La conversación con miembros de la concertación chilena que derrotó a Pinochet en el plebiscito de octubre de 1988 resulta esclarecedora. Una sociedad que, tras la caída de Allende, se había quebrado por la mutua desconfianza, logró recomponerse, rearmar vínculos personales y abocarse a una idea de destino compartido gracias a la reparación de esas redes rotas. El propio expresidente Lagos ha hablado de la complejidad de un “proceso largo” al que se refiere como el “reencuentro de los demócratas”: ese acercamiento entre actores que prácticamente se habían tratado como enemigos existenciales y cuya sintonía parecía imposible. “Hubo muchas maneras de encontrarnos.
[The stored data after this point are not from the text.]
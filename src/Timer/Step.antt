-- ===== src/Timer/Step.antt =====
-- The steps of the timers: the script's calls, the tasks of the executor, the wrappers and the
-- receiver, in any order.
use rong.Base.{ℕ, ◌≡◌, ◌≢◌, ◌⊎◌, Bool, true, false, none, some, List, ◌∷◌}
use rong.Timer.{
  TimerTick, Running, Phase, absent, ready, waiting, over, sleeping, finished, TimerRegistry,
  set_timeout_with_repeat, sleep_async, cancel_timer, shutdown, wake, rest, notice, reap, abort,
  receive, return_from, close,
}

-- The task's sleep may be over.
abbrev pub IsDue : Phase → Type 0
IsDue p = (p ≡ ready) ⊎ ((ms : ℕ) × (p ≡ sleeping ms))

-- The task waits in a select with its cancellation.
abbrev pub IsSelecting : Phase → Bool → Type 0
IsSelecting p pending = ((ms : ℕ) × (p ≡ sleeping ms)) ⊎ ((p ≡ waiting) × (pending ≡ true))

-- The wrapper still waits for the task.
abbrev pub IsOpen : Phase → Type 0
IsOpen p = (p ≢ absent) × (p ≢ over)

pub data Step : TimerRegistry → TimerRegistry → Type 0 where
  set :
      (s : TimerRegistry) (callback delay : ℕ) (repeat : Bool)
      → Step s (set_timeout_with_repeat callback delay repeat s).1
  nap : (s : TimerRegistry) (delay : ℕ) → Step s (sleep_async delay s)
  clear : (s : TimerRegistry) (id : ℕ) → Step s (cancel_timer id s)
  elapse : (s : TimerRegistry) (k : ℕ) → IsDue (s.tasks k).phase → Step s (wake k s)
  handled :
      (s : TimerRegistry) (k : ℕ)
      → (s.tasks k).phase ≡ waiting
      → (s.tasks k).pending ≡ false
      → Step s (rest k s)
  stopped :
      (s : TimerRegistry) (k : ℕ)
      → (s.tasks k).cancelled ≡ true
      → IsSelecting (s.tasks k).phase (s.tasks k).pending
      → Step s (notice k s)
  joined :
      (s : TimerRegistry) (k : ℕ) (queued : Bool)
      → (s.tasks k).phase ≡ finished queued
      → Step s (reap k queued s)
  dropped : (s : TimerRegistry) (k : ℕ) → IsOpen (s.tasks k).phase → Step s (abort k s)
  received :
      (s : TimerRegistry) (tick : TimerTick) (ticks : List TimerTick)
      → s.queue ≡ tick ∷ ticks
      → s.running ≡ none
      → Step s (receive tick ticks s)
  returned :
      (s : TimerRegistry) (r : Running) (failed : Bool)
      → s.running ≡ some r
      → Step s (return_from r failed s)
  closed : (s : TimerRegistry) → s.running ≡ none → Step s (close s)
  ended : (s : TimerRegistry) → Step s (shutdown s)

pub data Steps (s : TimerRegistry) : TimerRegistry → Type 0 where
  here : Steps s s
  next : {t u : TimerRegistry} → Steps s t → Step t u → Steps s u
Surgieron círculos de diálogo, se realizaron seminarios dentro y fuera de Chile donde se producía el encuentro entre los exiliados y los que estábamos en el país. La reflexión en conjunto nos permitió derribar prejuicios y construir confianzas.” Luego de eso se fueron gestando las alianzas políticas, primero la Alianza Democrática y luego el Acuerdo Nacional y la Asamblea de la Civilidad, germen de la futura Concertación. “Hubo un gran movimiento social de apoyo a las demandas democráticas: trabajadores y sindicatos, estudiantes universitarios y mujeres, que ejercieron un papel unitario defendiendo los derechos humanos y ciudadanos…”
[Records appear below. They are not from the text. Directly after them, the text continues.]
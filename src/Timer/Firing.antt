-- ===== src/Timer/Firing.antt =====
-- How often a callback is called, over every interleaving.
use rong.Base.{
  ℕ, ◌+◌, ◌^◌, ◌≤◌, ◌<◌, ◌≡◌, ◌≢◌, inl, inr, refl, ap, ◌∙◌, Bool, true, false, Option, none, some,
  ◌∷◌, arith, ◌==◌, nat_eq, nat_beq_iff, Bool-cases,
}
use rong.Base.Assoc.{get}
use rong.Timer.{
  TimerTick, TimerEntry, Kind, one_shot, interval, sleep, TimerRegistry, new, spawn,
  set_timeout_with_repeat, sleep_async, cancel_timer, receive, receive_found, take_entry,
  call_entry,
}
use rong.Timer.Step.{
  Step, set, nap, elapse, clear, handled, stopped, joined, dropped, received, returned, closed,
  ended, Steps, here, next,
}
use rong.Timer.Frame.{
  IsShrunk, get-cancel_timer, cancel_timer-IsShrunk, shutdown-IsShrunk, wake-IsShrunk,
  notice-IsShrunk, rest-IsShrunk, abort-IsShrunk, update-IsShrunk, take_entry-IsShrunk,
  reap-IsShrunk, return_from-IsShrunk, close-IsShrunk,
}
use rong.Timer.Counted.{
  still_none, shots, shots_other, IsSpent-le, IsCounted, shrunk-IsCounted, get-spawn_other,
  spawn-IsCounted, take_entry_others, receive_found-IsCounted,
}

receive_found-made :
    (tick : TimerTick) (s : TimerRegistry) (o : Option TimerEntry)
    → (receive_found tick s o).made ≡ s.made
receive_found-made tick s none = refl
receive_found-made tick s (some entry) =
    call_entry-made tick entry.repeat (take_entry tick entry s) entry.callback
    ∙ (take_entry-IsShrunk tick entry s).made
  where
    call_entry-made :
        (tick : TimerTick) (repeat : Bool) (s : TimerRegistry) (o : Option ℕ)
        → (call_entry tick repeat s o).made ≡ s.made
    call_entry-made tick repeat s none = refl
    call_entry-made tick repeat s (some f) = refl

Step-made : {s t : TimerRegistry} → Step s t → s.made ≤ t.made
unfolding receive sleep_async set_timeout_with_repeat
Step-made (set s f delay repeat) = omega arith
Step-made (nap s delay) = omega arith
Step-made (clear s id) = omega (arith, (cancel_timer-IsShrunk id s).made)
Step-made (elapse s k h) = omega (arith, (wake-IsShrunk k s).made)
Step-made (handled s k h p) = omega (arith, (rest-IsShrunk k s).made)
Step-made (stopped s k h p) = omega (arith, (notice-IsShrunk k s).made)
Step-made (joined s k queued h) = omega (arith, (reap-IsShrunk k queued s).made)
Step-made (dropped s k h) = omega (arith, (abort-IsShrunk k s).made)
Step-made (received s tick ticks q h) =
    omega (arith, receive_found-made tick (record s { queue = ticks }) (get tick.id s.timers))
Step-made (returned s r failed h) = omega (arith, (return_from-IsShrunk r failed s).made)
Step-made (closed s h) = omega (arith, (close-IsShrunk s).made)
Step-made (ended s) = omega (arith, (shutdown-IsShrunk s).made)

Step-IsCounted : {s t : TimerRegistry} → Step s t → t.made ≤ 2 ^ 32 → IsCounted s → IsCounted t
unfolding receive sleep_async set_timeout_with_repeat
Step-IsCounted (set s f delay true) small v =
    spawn-IsCounted interval _ delay s (λ h. absurd (h refl)) small v
Step-IsCounted (set s f delay false) small v =
    spawn-IsCounted one_shot _ delay s (λ h. refl) small v
Step-IsCounted (nap s delay) small v = spawn-IsCounted sleep _ delay s (λ h. refl) small v
Step-IsCounted (clear s id) small v = shrunk-IsCounted s _ (cancel_timer-IsShrunk id s) v
Step-IsCounted (elapse s k h) small v = shrunk-IsCounted s _ (wake-IsShrunk k s) v
Step-IsCounted (handled s k h p) small v = shrunk-IsCounted s _ (rest-IsShrunk k s) v
Step-IsCounted (stopped s k h p) small v = shrunk-IsCounted s _ (notice-IsShrunk k s) v
Step-IsCounted (joined s k queued h) small v = shrunk-IsCounted s _ (reap-IsShrunk k queued s) v
Step-IsCounted (dropped s k h) small v = shrunk-IsCounted s _ (abort-IsShrunk k s) v
Step-IsCounted (received s tick ticks q h) small v =
    receive_found-IsCounted tick ticks s (get tick.id s.timers) refl v
Step-IsCounted (returned s r failed h) small v =
    shrunk-IsCounted s _ (return_from-IsShrunk r failed s) v
Step-IsCounted (closed s h) small v = shrunk-IsCounted s _ (close-IsShrunk s) v
Step-IsCounted (ended s) small v = shrunk-IsCounted s _ (shutdown-IsShrunk s) v

Steps-IsCounted : {t : TimerRegistry} → Steps new t → t.made ≤ 2 ^ 32 → IsCounted t
unfolding shots get
Steps-IsCounted here small = record { early = λ j h. (refl, refl); spent = λ j h. omega arith }
Steps-IsCounted (next steps step) small =
    let fewer = Step-made step in
    Step-IsCounted step small (Steps-IsCounted steps (omega (arith, fewer)))

-- However the tasks interleave, a timer that was not set to repeat calls its callback at most once,
-- if at most `2 ^ 32` timers are made.
pub fires_once :
    (t : TimerRegistry) (j : ℕ)
    → Steps new t
    → t.made ≤ 2 ^ 32
    → (t.tasks j).kind ≢ interval
    → shots j t.fired ≤ 1
fires_once t j steps small h =
    let v = Steps-IsCounted steps small in
    IsSpent-le (get j t.timers) (shots j t.fired) (v.spent j h)

-- The entry of `j` is gone, and what follows leaves the count of its calls.
record IsSilent (j n : ℕ) (s : TimerRegistry) : Type 0 where
  old : j < s.made
  gone : get j s.timers ≡ none
  count : shots j s.fired ≡ n

shrunk-IsSilent : (j n : ℕ) (s t : TimerRegistry) → IsShrunk s t → IsSilent j n s → IsSilent j n t
shrunk-IsSilent j n s t p v = record {
  old = rw p.made v.old;
  gone = still_none _ _ (p.entries j) v.gone;
  count = ap (shots j) p.fired ∙ v.count;
}

spawn-IsSilent :
    (j n : ℕ) (kind : Kind) (entry : TimerEntry) (delay : ℕ) (s : TimerRegistry)
    → s.made + 1 ≤ 2 ^ 32
    → IsSilent j n s
    → IsSilent j n (spawn kind entry delay s)
spawn-IsSilent j n kind entry delay s small v = record {
  old = omega (arith, v.old);
  gone =
      get-spawn_other kind entry delay s j small (ground (arith, nat_beq_iff s.made j, v.old))
      ∙ v.gone;
  count = v.count;
}

-- A tick of another id.
other-IsSilent :
    (j n : ℕ) (tick : TimerTick) (entry : TimerEntry) (s : TimerRegistry) (o : Option ℕ)
    → (tick.id == j) ≡ false
    → IsSilent j n s
    → IsSilent j n (call_entry tick entry.repeat (take_entry tick entry s) o)
other-IsSilent j n tick entry s none q v =
    let taken = take_entry tick entry s in
    shrunk-IsSilent j n taken _ (update-IsShrunk tick.task _ taken refl)
      (shrunk-IsSilent j n s taken (take_entry-IsShrunk tick entry s) v)
other-IsSilent j n tick entry s (some f) q v = record {
  old = rw (take_entry-IsShrunk tick entry s).made v.old;
  gone = take_entry_others tick entry s j q ∙ v.gone;
  count =
      ap (λ fired. shots j (tick.id ∷ fired)) (take_entry-IsShrunk tick entry s).fired
      ∙ shots_other tick.id j s.fired q
      ∙ v.count;
}

receive_found-IsSilent :
    (j n : ℕ) (tick : TimerTick) (s : TimerRegistry) (o : Option TimerEntry)
    → get tick.id s.timers ≡ o
    → IsSilent j n s
    → IsSilent j n (receive_found tick s o)
receive_found-IsSilent j n tick s none e v =
    shrunk-IsSilent j n s _ (update-IsShrunk tick.task _ s refl) v
receive_found-IsSilent j n tick s (some entry) e v = elim (Bool-cases (tick.id == j)) [
  | inl q ↦
      let same = (nat_beq_iff tick.id j).0 q in
      let gone = ap (λ i. get i s.timers) same ∙ v.gone in absurd (cc)
  | inr q ↦ other-IsSilent j n tick entry s entry.callback q v
]

Step-IsSilent :
    (j n : ℕ) {s t : TimerRegistry} → Step s t → t.made ≤ 2 ^ 32 → IsSilent j n s → IsSilent j n t
unfolding receive sleep_async set_timeout_with_repeat
Step-IsSilent j n (set s f delay repeat) small v = spawn-IsSilent j n _ _ delay s small v
Step-IsSilent j n (nap s delay) small v = spawn-IsSilent j n sleep _ delay s small v
Step-IsSilent j n (clear s id) small v = shrunk-IsSilent j n s _ (cancel_timer-IsShrunk id s) v
Step-IsSilent j n (elapse s k h) small v = shrunk-IsSilent j n s _ (wake-IsShrunk k s) v
Step-IsSilent j n (handled s k h p) small v = shrunk-IsSilent j n s _ (rest-IsShrunk k s) v
Step-IsSilent j n (stopped s k h p) small v = shrunk-IsSilent j n s _ (notice-IsShrunk k s) v
Step-IsSilent j n (joined s k queued h) small v =
    shrunk-IsSilent j n s _ (reap-IsShrunk k queued s) v
Step-IsSilent j n (dropped s k h) small v = shrunk-IsSilent j n s _ (abort-IsShrunk k s) v
Step-IsSilent j n (received s tick ticks q h) small v =
    receive_found-IsSilent j n tick (record s { queue = ticks }) (get tick.id s.timers) refl
      (record { old = v.old; gone = v.gone; count = v.count })
Step-IsSilent j n (returned s r failed h) small v =
    shrunk-IsSilent j n s _ (return_from-IsShrunk r failed s) v
Step-IsSilent j n (closed s h) small v = shrunk-IsSilent j n s _ (close-IsShrunk s) v
Step-IsSilent j n (ended s) small v = shrunk-IsSilent j n s _ (shutdown-IsShrunk s) v

Steps-IsSilent :
    (j n : ℕ) {s t : TimerRegistry} → Steps s t → t.made ≤ 2 ^ 32 → IsSilent j n s → IsSilent j n t
Steps-IsSilent j n here small v = v
Steps-IsSilent j n (next steps step) small v =
    let fewer = Step-made step in
    Step-IsSilent j n step small (Steps-IsSilent j n steps (omega (arith, fewer)) v)

-- Once a timer that has been made is cleared, its callback is never called again, a queued tick
-- notwithstanding, as long as at most `2 ^ 32` timers are made.
pub cleared_never_fires :
    (s t : TimerRegistry) (id : ℕ)
    → id < s.made
    → Steps (cancel_timer id s) t
    → t.made ≤ 2 ^ 32
    → shots id t.fired ≡ shots id s.fired
cleared_never_fires s t id h steps small =
    let p = cancel_timer-IsShrunk id s in
    let silent =
      Steps-IsSilent id (shots id s.fired) steps small (record {
        old = rw p.made h;
        gone = get-cancel_timer id s;
        count = ap (shots id) p.fired;
      }) in
    silent.count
Junto a experiencias de democratización como las de España o Alemania, lo anterior es dato que abunda en la necesidad de que sociedades enfrentadas a autoritarios hábiles para medrar en la desintegración social, superen la situación suicida de sospecha mutua, caótica e indistinta. Sabemos que la confianza es un aliño vital para contrarrestar la incertidumbre, las tensiones y el silencio que se cierne en escenarios sociales. Para mantener viva la fe en las relaciones humanas y el sentido del futuro. Un valor que además sirve de asiento a la solidaridad, la responsabilidad ciudadana y la cooperación. Sin confianza no es posible el acuerdo o la cohesión. Ergo, tampoco la serie de intercambios que, a fin de vencer el miedo hobbesiano y el canibalismo propio de lobos-humanos, se necesita para fundar una comunidad política. Cierta fe en la integridad, la buena voluntad y las buenas intenciones de otros individuos, en fin, hace falta para aglutinar las identidades dispersas y convertirlas en un todo cuya pluralidad no impide marchar de forma acompasada.
No en balde el debate académico en relación al tema de la confianza luce hoy tan activado. Vista como fundamento del orden social, según Lewicki, McAllister y Bies (1998); insumo para la acción social colectiva, entendida esta última como participación, colaboración voluntaria en contextos organizacionales o componente de la calidad de vida de las personas, su declive en las sociedades líquidas contemporáneas va dejando boquetes que se traducen en extrañamiento, en sensación de impotencia colectiva, en amargura o resignación. En insilio. Hoy, apunta Daniel Innerarity, “la capacidad de neutralizar es incomparablemente mayor que la de configurar. La sociedad se aglutina con más facilidad en torno a la indignación que a la esperanza”.